**Exercise**
Look through the data below and work out how many lines hold "true"; state only the number.

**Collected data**
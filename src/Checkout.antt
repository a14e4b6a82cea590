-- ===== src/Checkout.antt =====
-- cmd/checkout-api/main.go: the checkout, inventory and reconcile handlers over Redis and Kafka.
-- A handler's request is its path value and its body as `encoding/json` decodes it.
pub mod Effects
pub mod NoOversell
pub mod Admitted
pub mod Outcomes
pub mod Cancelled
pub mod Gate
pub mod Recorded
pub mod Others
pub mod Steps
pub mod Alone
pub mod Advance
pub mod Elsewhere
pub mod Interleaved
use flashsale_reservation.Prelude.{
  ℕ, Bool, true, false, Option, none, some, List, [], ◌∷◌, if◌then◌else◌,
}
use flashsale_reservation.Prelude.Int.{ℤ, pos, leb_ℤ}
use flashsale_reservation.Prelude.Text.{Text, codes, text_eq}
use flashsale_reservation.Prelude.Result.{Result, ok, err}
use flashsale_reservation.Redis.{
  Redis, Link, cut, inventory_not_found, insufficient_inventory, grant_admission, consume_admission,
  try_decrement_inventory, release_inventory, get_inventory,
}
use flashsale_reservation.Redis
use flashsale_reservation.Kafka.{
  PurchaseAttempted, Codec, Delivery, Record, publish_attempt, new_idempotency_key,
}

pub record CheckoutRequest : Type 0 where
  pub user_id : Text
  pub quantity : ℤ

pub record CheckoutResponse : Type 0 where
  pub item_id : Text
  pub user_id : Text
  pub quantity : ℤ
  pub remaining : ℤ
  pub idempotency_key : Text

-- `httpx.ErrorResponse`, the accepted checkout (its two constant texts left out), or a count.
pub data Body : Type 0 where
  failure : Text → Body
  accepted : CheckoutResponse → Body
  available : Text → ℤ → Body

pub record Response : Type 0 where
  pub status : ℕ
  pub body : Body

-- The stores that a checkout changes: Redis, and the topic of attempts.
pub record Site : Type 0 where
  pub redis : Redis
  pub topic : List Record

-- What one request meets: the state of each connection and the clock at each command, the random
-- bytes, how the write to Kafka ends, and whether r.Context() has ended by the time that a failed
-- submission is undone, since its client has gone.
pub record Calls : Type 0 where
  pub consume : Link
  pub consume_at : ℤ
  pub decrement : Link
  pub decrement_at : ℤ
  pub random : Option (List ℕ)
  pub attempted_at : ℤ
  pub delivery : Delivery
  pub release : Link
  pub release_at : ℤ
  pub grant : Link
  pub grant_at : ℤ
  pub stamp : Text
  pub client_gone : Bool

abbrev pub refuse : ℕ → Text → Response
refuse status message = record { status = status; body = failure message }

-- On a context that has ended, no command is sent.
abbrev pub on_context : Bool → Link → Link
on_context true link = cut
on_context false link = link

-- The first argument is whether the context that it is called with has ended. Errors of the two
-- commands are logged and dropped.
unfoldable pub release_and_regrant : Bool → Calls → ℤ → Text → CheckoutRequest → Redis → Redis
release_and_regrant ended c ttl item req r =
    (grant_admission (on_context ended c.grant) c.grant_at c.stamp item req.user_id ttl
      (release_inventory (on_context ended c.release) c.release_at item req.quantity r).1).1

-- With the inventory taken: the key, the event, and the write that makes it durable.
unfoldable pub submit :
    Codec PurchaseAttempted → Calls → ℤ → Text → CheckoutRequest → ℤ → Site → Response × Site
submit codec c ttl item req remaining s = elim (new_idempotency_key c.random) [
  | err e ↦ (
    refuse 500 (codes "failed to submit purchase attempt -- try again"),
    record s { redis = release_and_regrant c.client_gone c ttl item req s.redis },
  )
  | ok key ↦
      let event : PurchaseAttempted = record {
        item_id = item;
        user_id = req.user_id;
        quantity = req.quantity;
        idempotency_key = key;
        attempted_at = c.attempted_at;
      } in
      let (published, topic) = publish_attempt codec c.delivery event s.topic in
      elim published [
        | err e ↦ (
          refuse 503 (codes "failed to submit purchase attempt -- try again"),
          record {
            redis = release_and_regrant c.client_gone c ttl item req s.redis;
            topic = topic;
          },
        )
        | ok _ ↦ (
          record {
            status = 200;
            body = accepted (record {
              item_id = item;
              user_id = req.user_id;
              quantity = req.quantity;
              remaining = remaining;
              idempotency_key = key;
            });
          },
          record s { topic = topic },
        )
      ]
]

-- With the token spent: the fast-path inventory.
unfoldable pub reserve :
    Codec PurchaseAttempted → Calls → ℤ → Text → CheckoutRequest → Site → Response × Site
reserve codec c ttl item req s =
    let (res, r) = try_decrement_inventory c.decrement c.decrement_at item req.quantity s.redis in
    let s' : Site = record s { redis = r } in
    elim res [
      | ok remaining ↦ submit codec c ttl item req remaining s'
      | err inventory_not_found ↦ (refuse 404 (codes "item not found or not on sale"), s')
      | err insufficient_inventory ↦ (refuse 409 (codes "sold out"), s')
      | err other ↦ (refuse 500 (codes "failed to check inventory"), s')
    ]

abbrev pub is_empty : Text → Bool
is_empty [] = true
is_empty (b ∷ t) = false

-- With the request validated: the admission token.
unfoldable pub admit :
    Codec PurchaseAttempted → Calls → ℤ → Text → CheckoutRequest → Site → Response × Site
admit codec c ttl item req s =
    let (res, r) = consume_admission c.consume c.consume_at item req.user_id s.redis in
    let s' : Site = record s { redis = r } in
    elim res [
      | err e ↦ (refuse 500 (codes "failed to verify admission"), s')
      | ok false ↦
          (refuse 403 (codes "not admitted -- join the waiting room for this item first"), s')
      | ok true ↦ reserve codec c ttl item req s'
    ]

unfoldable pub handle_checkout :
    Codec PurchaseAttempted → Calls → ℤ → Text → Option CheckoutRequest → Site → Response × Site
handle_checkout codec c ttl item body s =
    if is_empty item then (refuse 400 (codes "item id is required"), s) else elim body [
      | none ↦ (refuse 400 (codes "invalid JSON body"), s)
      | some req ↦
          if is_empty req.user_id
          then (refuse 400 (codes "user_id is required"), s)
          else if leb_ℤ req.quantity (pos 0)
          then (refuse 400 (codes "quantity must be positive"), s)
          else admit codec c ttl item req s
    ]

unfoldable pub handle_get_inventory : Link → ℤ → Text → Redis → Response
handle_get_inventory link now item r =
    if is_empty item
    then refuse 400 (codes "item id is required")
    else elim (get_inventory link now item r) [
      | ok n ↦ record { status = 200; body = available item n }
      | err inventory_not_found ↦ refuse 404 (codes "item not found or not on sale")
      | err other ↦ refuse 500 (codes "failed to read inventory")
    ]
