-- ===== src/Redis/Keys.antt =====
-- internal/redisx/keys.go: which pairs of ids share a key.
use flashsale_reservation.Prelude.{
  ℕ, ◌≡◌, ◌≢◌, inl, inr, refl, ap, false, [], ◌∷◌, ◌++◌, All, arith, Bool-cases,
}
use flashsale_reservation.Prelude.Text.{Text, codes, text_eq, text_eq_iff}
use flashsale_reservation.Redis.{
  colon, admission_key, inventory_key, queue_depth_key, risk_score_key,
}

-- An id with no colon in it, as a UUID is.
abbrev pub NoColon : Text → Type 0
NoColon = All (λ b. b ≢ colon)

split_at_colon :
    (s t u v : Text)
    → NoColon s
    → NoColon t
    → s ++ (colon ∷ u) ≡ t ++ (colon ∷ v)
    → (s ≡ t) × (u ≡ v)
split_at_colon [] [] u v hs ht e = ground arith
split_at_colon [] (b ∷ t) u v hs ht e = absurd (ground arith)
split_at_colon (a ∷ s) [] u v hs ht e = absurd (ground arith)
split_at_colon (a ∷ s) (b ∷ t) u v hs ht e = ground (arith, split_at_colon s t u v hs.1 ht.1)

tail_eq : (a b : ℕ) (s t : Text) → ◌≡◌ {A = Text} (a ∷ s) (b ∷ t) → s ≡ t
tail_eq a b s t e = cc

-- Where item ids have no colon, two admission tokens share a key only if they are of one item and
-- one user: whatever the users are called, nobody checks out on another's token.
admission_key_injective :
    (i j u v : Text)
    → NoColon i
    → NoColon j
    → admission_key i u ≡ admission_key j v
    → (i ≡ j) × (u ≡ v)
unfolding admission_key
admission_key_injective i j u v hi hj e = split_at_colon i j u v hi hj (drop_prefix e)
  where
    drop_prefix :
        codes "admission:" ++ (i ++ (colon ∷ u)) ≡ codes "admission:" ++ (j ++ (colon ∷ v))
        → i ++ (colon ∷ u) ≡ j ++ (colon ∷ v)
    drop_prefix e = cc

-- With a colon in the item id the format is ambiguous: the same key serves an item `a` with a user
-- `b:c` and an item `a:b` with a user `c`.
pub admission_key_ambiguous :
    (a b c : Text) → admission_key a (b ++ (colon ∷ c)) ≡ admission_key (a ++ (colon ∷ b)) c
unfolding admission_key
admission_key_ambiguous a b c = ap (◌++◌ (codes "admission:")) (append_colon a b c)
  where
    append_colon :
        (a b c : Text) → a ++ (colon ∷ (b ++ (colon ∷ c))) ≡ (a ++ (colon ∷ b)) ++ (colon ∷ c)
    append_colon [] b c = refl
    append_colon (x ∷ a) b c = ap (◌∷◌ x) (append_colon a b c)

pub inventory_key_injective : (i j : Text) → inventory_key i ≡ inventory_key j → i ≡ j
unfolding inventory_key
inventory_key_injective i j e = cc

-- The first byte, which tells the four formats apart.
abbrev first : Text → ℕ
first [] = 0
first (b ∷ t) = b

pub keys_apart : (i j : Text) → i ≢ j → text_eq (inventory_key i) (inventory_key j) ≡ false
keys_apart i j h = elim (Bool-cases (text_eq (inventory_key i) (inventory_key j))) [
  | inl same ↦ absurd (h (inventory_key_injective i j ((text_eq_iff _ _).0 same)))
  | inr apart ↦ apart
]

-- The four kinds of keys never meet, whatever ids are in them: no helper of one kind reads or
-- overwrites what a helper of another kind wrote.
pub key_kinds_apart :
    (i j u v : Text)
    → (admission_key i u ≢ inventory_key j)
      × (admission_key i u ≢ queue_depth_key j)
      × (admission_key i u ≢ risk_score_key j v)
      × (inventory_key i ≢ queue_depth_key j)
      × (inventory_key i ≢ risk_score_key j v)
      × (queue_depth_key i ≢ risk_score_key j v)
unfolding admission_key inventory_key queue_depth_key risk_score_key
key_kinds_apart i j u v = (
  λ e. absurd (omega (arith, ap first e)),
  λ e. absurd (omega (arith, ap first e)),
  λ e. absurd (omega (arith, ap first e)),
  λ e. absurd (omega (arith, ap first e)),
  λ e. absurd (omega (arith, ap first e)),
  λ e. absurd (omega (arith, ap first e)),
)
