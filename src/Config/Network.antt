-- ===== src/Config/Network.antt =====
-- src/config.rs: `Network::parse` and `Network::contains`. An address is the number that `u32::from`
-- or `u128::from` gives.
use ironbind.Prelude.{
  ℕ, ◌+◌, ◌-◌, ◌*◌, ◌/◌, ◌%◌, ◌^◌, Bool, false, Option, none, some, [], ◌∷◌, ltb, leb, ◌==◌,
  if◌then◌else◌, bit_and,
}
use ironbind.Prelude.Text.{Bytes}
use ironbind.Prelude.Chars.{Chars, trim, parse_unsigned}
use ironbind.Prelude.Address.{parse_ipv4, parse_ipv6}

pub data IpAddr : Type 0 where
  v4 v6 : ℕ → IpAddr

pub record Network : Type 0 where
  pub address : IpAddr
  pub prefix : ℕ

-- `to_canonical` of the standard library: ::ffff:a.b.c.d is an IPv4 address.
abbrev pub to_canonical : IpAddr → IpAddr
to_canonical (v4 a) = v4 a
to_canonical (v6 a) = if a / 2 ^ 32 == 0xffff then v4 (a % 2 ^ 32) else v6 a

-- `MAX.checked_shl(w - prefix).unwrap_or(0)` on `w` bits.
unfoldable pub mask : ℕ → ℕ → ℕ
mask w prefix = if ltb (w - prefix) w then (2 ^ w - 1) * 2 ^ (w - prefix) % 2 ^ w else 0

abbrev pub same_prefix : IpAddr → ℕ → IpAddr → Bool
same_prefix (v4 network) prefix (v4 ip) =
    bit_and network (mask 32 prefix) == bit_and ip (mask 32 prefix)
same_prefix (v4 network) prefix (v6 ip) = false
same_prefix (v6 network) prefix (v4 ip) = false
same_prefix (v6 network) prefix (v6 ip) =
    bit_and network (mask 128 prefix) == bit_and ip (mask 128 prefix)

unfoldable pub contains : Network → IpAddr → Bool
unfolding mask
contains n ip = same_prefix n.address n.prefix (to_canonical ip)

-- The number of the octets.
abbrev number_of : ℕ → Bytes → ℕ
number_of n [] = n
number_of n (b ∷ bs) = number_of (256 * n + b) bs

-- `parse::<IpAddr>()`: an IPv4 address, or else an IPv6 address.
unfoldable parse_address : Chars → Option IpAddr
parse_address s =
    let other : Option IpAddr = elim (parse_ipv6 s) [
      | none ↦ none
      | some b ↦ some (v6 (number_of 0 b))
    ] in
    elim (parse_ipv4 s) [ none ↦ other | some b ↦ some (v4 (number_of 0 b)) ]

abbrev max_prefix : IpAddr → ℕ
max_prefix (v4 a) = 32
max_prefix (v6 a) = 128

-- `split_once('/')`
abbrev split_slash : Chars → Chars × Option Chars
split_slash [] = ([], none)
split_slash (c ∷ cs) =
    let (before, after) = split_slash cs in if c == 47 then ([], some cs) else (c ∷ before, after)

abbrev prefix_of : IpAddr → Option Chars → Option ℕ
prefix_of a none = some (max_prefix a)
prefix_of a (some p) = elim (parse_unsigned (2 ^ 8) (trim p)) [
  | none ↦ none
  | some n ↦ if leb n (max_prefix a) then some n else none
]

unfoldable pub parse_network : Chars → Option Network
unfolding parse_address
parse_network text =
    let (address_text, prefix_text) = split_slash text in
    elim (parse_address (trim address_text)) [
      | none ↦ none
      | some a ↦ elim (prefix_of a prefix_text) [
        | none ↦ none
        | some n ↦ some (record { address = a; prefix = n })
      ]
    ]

**Solved problem**
4